Brief = Copy out all the entries word for word.

Data shown =
-- Opening Marker --

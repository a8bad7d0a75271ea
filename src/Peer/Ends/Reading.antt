-- ===== src/Peer/Ends/Reading.antt =====
-- The calls of the socket, and the reading loop when something always comes.
use uvg_torrent.Base.{
  ℕ, zero, suc, ◌+◌, ◌-◌, ◌≤◌, ◌<◌, ◌≡◌, Option, none, some, List, [], ◌∷◌, length, length-take,
  ltb, arith, Option-cases, Bool-cases, inl, inr, exit_failure,
}
use uvg_torrent.Words.{Host, load}
use uvg_torrent.Net
use uvg_torrent.Os.{Os, World, ask, emit, pure, and_then, Finishes, Finishes-bind}
use uvg_torrent.Os.Ends.{Any, Any-bind, Any-if}
use uvg_torrent.Socket
use uvg_torrent.Socket.{Socket, SocketType, tcp, udp}
use uvg_torrent.Peer.Stream.{
  buffer_size, write_at, read_size, count_chunk, prefix, receive_loop, receive_message,
}

-- Every read gives something: no connection is closed or fails.
pub record IsTalking (os : Os) : Type 0 where
  pub talks : (n : ℕ) → (chunk : List ℕ) × (os.recv n ≡ some chunk) × (0 < length chunk)

module _ (os : Os) where
  pub send-Any : (s : Socket) (bytes : List ℕ) (w : World) → Finishes Any (Socket.send os s bytes w)
  unfolding Socket.send ask emit
  send-Any s bytes w = elim (Option-cases s.sock_desc) [
    | inl closed ↦ rw closed tt
    | inr (fd, is_open) ↦
        rw is_open
          (Any-if (os.send w.now) _ (pure exit_failure) (record w { now = w.now + 1 }) tt tt)
  ]

  pub receive-Any : (s : Socket) (n : ℕ) (w : World) → Finishes Any (Socket.receive os s n w)
  unfolding Socket.receive ask
  receive-Any s n w = elim (Option-cases s.sock_desc) [
    | inl closed ↦ rw closed tt
    | inr (fd, is_open) ↦ rw is_open tt
  ]

  attach-Any : (t : SocketType) (w : World) → Finishes Any (Socket.attach os t w)
  unfolding Socket.attach ask
  attach-Any udp w = Any-if (os.bind w.now) _ _ (record w { now = w.now + 1 }) tt tt
  attach-Any tcp w = tt

  connect_error-Any :
      (s : Socket) (d : Option ℕ) (w : World) → Finishes Any (Socket.connect_error os s d w)
  unfolding Socket.connect_error emit
  connect_error-Any s none w = tt
  connect_error-Any s (some fd) w = tt

  connected-Any :
      (s : Socket) (fd : ℕ) (addrs : List (List ℕ)) (w : World)
      → Finishes Any (Socket.connected os s fd addrs w)
  unfolding Socket.connected
  connected-Any s fd [] w = tt
  connected-Any s fd (addr ∷ more) w =
      Any-bind (Socket.attach os s.type w) _ (attach-Any s.type w)
        λ attached w'. Any-if attached _ _ w' tt (connect_error-Any s (some fd) w')

  resolved-Any :
      (s : Socket) (fd : ℕ) (host : Option (List (List ℕ))) (w : World)
      → Finishes Any (Socket.resolved os s fd host w)
  unfolding Socket.resolved
  resolved-Any s fd none w = tt
  resolved-Any s fd (some addrs) w = connected-Any s fd addrs w

  opened_as-Any : (s : Socket) (d : Option ℕ) (w : World) → Finishes Any (Socket.opened_as os s d w)
  unfolding Socket.opened_as ask emit
  opened_as-Any s none w = connect_error-Any s none w
  opened_as-Any s (some fd) w = resolved-Any s fd _ _

  pub connect-Any : (s : Socket) (w : World) → Finishes Any (Socket.connect os s w)
  unfolding Socket.connect ask
  connect-Any s w = opened_as-Any s (os.socket w.now) (record w { now = w.now + 1 })

  abbrev Filled : Option (List ℕ) → World → Type 0
  Filled none w = ⊥
  Filled (some chunk) w = 0 < length chunk

  receive-Filled :
      (s : Socket) (n : ℕ) (w : World)
      → IsTalking os
      → 0 < n
      → Finishes Filled (Socket.receive os s n w)
  unfolding Socket.receive ask
  receive-Filled s n w talking some_wanted = elim (Option-cases s.sock_desc) [
    | inl closed ↦ rw closed tt
    | inr (fd, is_open) ↦
        let (chunk, answer, filled) = talking.talks w.now in
        rw (is_open, answer) (omega (arith, length-take n chunk))
  ]

  read_size-positive : (n : ℕ) → 0 < n → 0 < read_size n
  unfolding read_size
  read_size-positive n h = ground arith

  module _ (talking : IsTalking os) (s : Socket) (size : ℕ) where
    abbrev LoopEnds : ℕ → Type 0
    LoopEnds fuel =
        (out : List ℕ) (received : ℕ) (w : World)
        → 4 + received ≤ buffer_size
        → buffer_size < fuel + (4 + received)
        → Finishes Any (receive_loop os fuel s size out received w)

    -- What comes is at least one byte, so that the buffer is full in the end.
    chunk-Any :
        (fuel : ℕ) (out : List ℕ) (received : ℕ) (chunk : List ℕ) (w : World)
        → LoopEnds fuel
        → 0 < length chunk
        → buffer_size < suc fuel + (4 + received)
        → Finishes Any (count_chunk (receive_loop os fuel s size) size out received (some chunk) w)
    unfolding count_chunk
    chunk-Any fuel out received chunk w ends filled enough =
        elim (Bool-cases (ltb buffer_size (4 + received + length chunk))) [
          | inl over ↦ rw over tt
          | inr fits ↦ rw fits (
              ends (write_at (4 + received) chunk out) (received + length chunk) w (ground arith)
                (omega arith))
        ]

    round-Any :
        (fuel : ℕ) (out : List ℕ) (received : ℕ) (w : World)
        → LoopEnds fuel
        → received < size
        → buffer_size < suc fuel + (4 + received)
        → Finishes Any (
            and_then
              (Socket.receive os s (read_size (size - received)) w)
              (count_chunk (receive_loop os fuel s size) size out received))
    round-Any fuel out received w ends short enough =
        Finishes-bind Filled Any (Socket.receive os s (read_size (size - received)) w) _
          (receive-Filled s (read_size (size - received)) w talking
            (read_size-positive (size - received) (omega arith)))
          λ answer w' filled. of_answer answer w' filled
      where
        of_answer :
            (answer : Option (List ℕ)) (w' : World)
            → Filled answer w'
            → Finishes Any (count_chunk (receive_loop os fuel s size) size out received answer w')
        of_answer none w' filled = absurd filled
        of_answer (some chunk) w' filled = chunk-Any fuel out received chunk w' ends filled enough

    receive_loop-Any : (fuel : ℕ) → LoopEnds fuel
    unfolding receive_loop
    receive_loop-Any zero out received w small enough = absurd (omega arith)
    receive_loop-Any (suc fuel) out received w small enough =
        elim (Bool-cases (ltb received size)) [
          | inl short ↦
              rw short (round-Any fuel out received w (receive_loop-Any fuel) (ground arith) enough)
          | inr done ↦ rw done tt
        ]

  pub receive_message-Any :
      (host : Host) (fuel : ℕ) (s : Socket) (w : World)
      → IsTalking os
      → buffer_size < fuel + 4
      → Finishes Any (receive_message os host fuel s w)
  unfolding receive_message
  receive_message-Any host fuel s w talking enough =
      Any-bind (Socket.receive os s 4 w) _ (receive-Any s 4 w) λ first w'.
        receive_loop-Any talking s (Net.ntohl host (load host (prefix first))) fuel (prefix first) 0
          w' (omega arith) (omega arith)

-- Closing Marker --

Solution for this task =
repository a8bad7d0a75271ea
filename src/Peer/Ends/Reading.antt
-- ===== src/Peer/Ends/Reading.antt =====
-- The calls of the socket, and the reading loop when something always comes.
use uvg_torrent.Base.{
  ℕ, zero, suc, ◌+◌, ◌-◌, ◌≤◌, ◌<◌, ◌≡◌, Option, none, some, List, [], ◌∷◌, length, length-take,
  ltb, arith, Option-cases, Bool-cases, inl, inr, exit_failure,
}
use uvg_torrent.Words.{Host, load}
use uvg_torrent.Net
use uvg_torrent.Os.{Os, World, ask, emit, pure, and_then, Finishes, Finishes-bind}
use uvg_torrent.Os.Ends.{Any, Any-bind, Any-if}
use uvg_torrent.Socket
use uvg_torrent.Socket.{Socket, SocketType, tcp, udp}
use uvg_torrent.Peer.Stream.{
  buffer_size, write_at, read_size, count_chunk, prefix, receive_loop, receive_message,
}

-- Every read gives something: no connection is closed or fails.
pub record IsTalking (os : Os) : Type 0 where
  pub talks : (n : ℕ) → (chunk : List ℕ) × (os.recv n ≡ some chunk) × (0 < length chunk)

module _ (os : Os) where
  pub send-Any : (s : Socket) (bytes : List ℕ) (w : World) → Finishes Any (Socket.send os s bytes w)
  unfolding Socket.send ask emit
  send-Any s bytes w = elim (Option-cases s.sock_desc) [
    | inl closed ↦ rw closed tt
    | inr (fd, is_open) ↦
        rw is_open
          (Any-if (os.send w.now) _ (pure exit_failure) (record w { now = w.now + 1 }) tt tt)
  ]

  pub receive-Any : (s : Socket) (n : ℕ) (w : World) → Finishes Any (Socket.receive os s n w)
  unfolding Socket.receive ask
  receive-Any s n w = elim (Option-cases s.sock_desc) [
    | inl closed ↦ rw closed tt
    | inr (fd, is_open) ↦ rw is_open tt
  ]

  attach-Any : (t : SocketType) (w : World) → Finishes Any (Socket.attach os t w)
  unfolding Socket.attach ask
  attach-Any udp w = Any-if (os.bind w.now) _ _ (record w { now = w.now + 1 }) tt tt
  attach-Any tcp w = tt

  connect_error-Any :
      (s : Socket) (d : Option ℕ) (w : World) → Finishes Any (Socket.connect_error os s d w)
  unfolding Socket.connect_error emit
  connect_error-Any s none w = tt
  connect_error-Any s (some fd) w = tt

  connected-Any :
      (s : Socket) (fd : ℕ) (addrs : List (List ℕ)) (w : World)
      → Finishes Any (Socket.connected os s fd addrs w)
  unfolding Socket.connected
  connected-Any s fd [] w = tt
  connected-Any s fd (addr ∷ more) w =
      Any-bind (Socket.attach os s.type w) _ (attach-Any s.type w)
        λ attached w'. Any-if attached _ _ w' tt (connect_error-Any s (some fd) w')

  resolved-Any :
      (s : Socket) (fd : ℕ) (host : Option (List (List ℕ))) (w : World)
      → Finishes Any (Socket.resolved os s fd host w)
  unfolding Socket.resolved
  resolved-Any s fd none w = tt
  resolved-Any s fd (some addrs) w = connected-Any s fd addrs w

  opened_as-Any : (s : Socket) (d : Option ℕ) (w : World) → Finishes Any (Socket.opened_as os s d w)
  unfolding Socket.opened_as ask emit
  opened_as-Any s none w = connect_error-Any s none w
  opened_as-Any s (some fd) w = resolved-Any s fd _ _

  pub connect-Any : (s : Socket) (w : World) → Finishes Any (Socket.connect os s w)
  unfolding Socket.connect ask
  connect-Any s w = opened_as-Any s (os.socket w.now) (record w { now = w.now + 1 })

  abbrev Filled : Option (List ℕ) → World → Type 0
  Filled none w = ⊥
  Filled (some chunk) w = 0 < length chunk

  receive-Filled :
      (s : Socket) (n : ℕ) (w : World)
      → IsTalking os
      → 0 < n
      → Finishes Filled (Socket.receive os s n w)
  unfolding Socket.receive ask
  receive-Filled s n w talking some_wanted = elim (Option-cases s.sock_desc) [
    | inl closed ↦ rw closed tt
    | inr (fd, is_open) ↦
        let (chunk, answer, filled) = talking.talks w.now in
        rw (is_open, answer) (omega (arith, length-take n chunk))
  ]

  read_size-positive : (n : ℕ) → 0 < n → 0 < read_size n
  unfolding read_size
  read_size-positive n h = ground arith

  module _ (talking : IsTalking os) (s : Socket) (size : ℕ) where
    abbrev LoopEnds : ℕ → Type 0
    LoopEnds fuel =
        (out : List ℕ) (received : ℕ) (w : World)
        → 4 + received ≤ buffer_size
        → buffer_size < fuel + (4 + received)
        → Finishes Any (receive_loop os fuel s size out received w)

    -- What comes is at least one byte, so that the buffer is full in the end.
    chunk-Any :
        (fuel : ℕ) (out : List ℕ) (received : ℕ) (chunk : List ℕ) (w : World)
        → LoopEnds fuel
        → 0 < length chunk
        → buffer_size < suc fuel + (4 + received)
        → Finishes Any (count_chunk (receive_loop os fuel s size) size out received (some chunk) w)
    unfolding count_chunk
    chunk-Any fuel out received chunk w ends filled enough =
        elim (Bool-cases (ltb buffer_size (4 + received + length chunk))) [
          | inl over ↦ rw over tt
          | inr fits ↦ rw fits (
              ends (write_at (4 + received) chunk out) (received + length chunk) w (ground arith)
                (omega arith))
        ]

    round-Any :
        (fuel : ℕ) (out : List ℕ) (received : ℕ) (w : World)
        → LoopEnds fuel
        → received < size
        → buffer_size < suc fuel + (4 + received)
        → Finishes Any (
            and_then
              (Socket.receive os s (read_size (size - received)) w)
              (count_chunk (receive_loop os fuel s size) size out received))
    round-Any fuel out received w ends short enough =
        Finishes-bind Filled Any (Socket.receive os s (read_size (size - received)) w) _
          (receive-Filled s (read_size (size - received)) w talking
            (read_size-positive (size - received) (omega arith)))
          λ answer w' filled. of_answer answer w' filled
      where
        of_answer :
            (answer : Option (List ℕ)) (w' : World)
            → Filled answer w'
            → Finishes Any (count_chunk (receive_loop os fuel s size) size out received answer w')
        of_answer none w' filled = absurd filled
        of_answer (some chunk) w' filled = chunk-Any fuel out received chunk w' ends filled enough

    receive_loop-Any : (fuel : ℕ) → LoopEnds fuel
    unfolding receive_loop
    receive_loop-Any zero out received w small enough = absurd (omega arith)
    receive_loop-Any (suc fuel) out received w small enough =
        elim (Bool-cases (ltb received size)) [
          | inl short ↦
              rw short (round-Any fuel out received w (receive_loop-Any fuel) (ground arith) enough)
          | inr done ↦ rw done tt
        ]

  pub receive_message-Any :
      (host : Host) (fuel : ℕ) (s : Socket) (w : World)
      → IsTalking os
      → buffer_size < fuel + 4
      → Finishes Any (receive_message os host fuel s w)
  unfolding receive_message
  receive_message-Any host fuel s w talking enough =
      Any-bind (Socket.receive os s 4 w) _ (receive-Any s 4 w) λ first w'.
        receive_loop-Any talking s (Net.ntohl host (load host (prefix first))) fuel (prefix first) 0
          w' (omega arith) (omega arith)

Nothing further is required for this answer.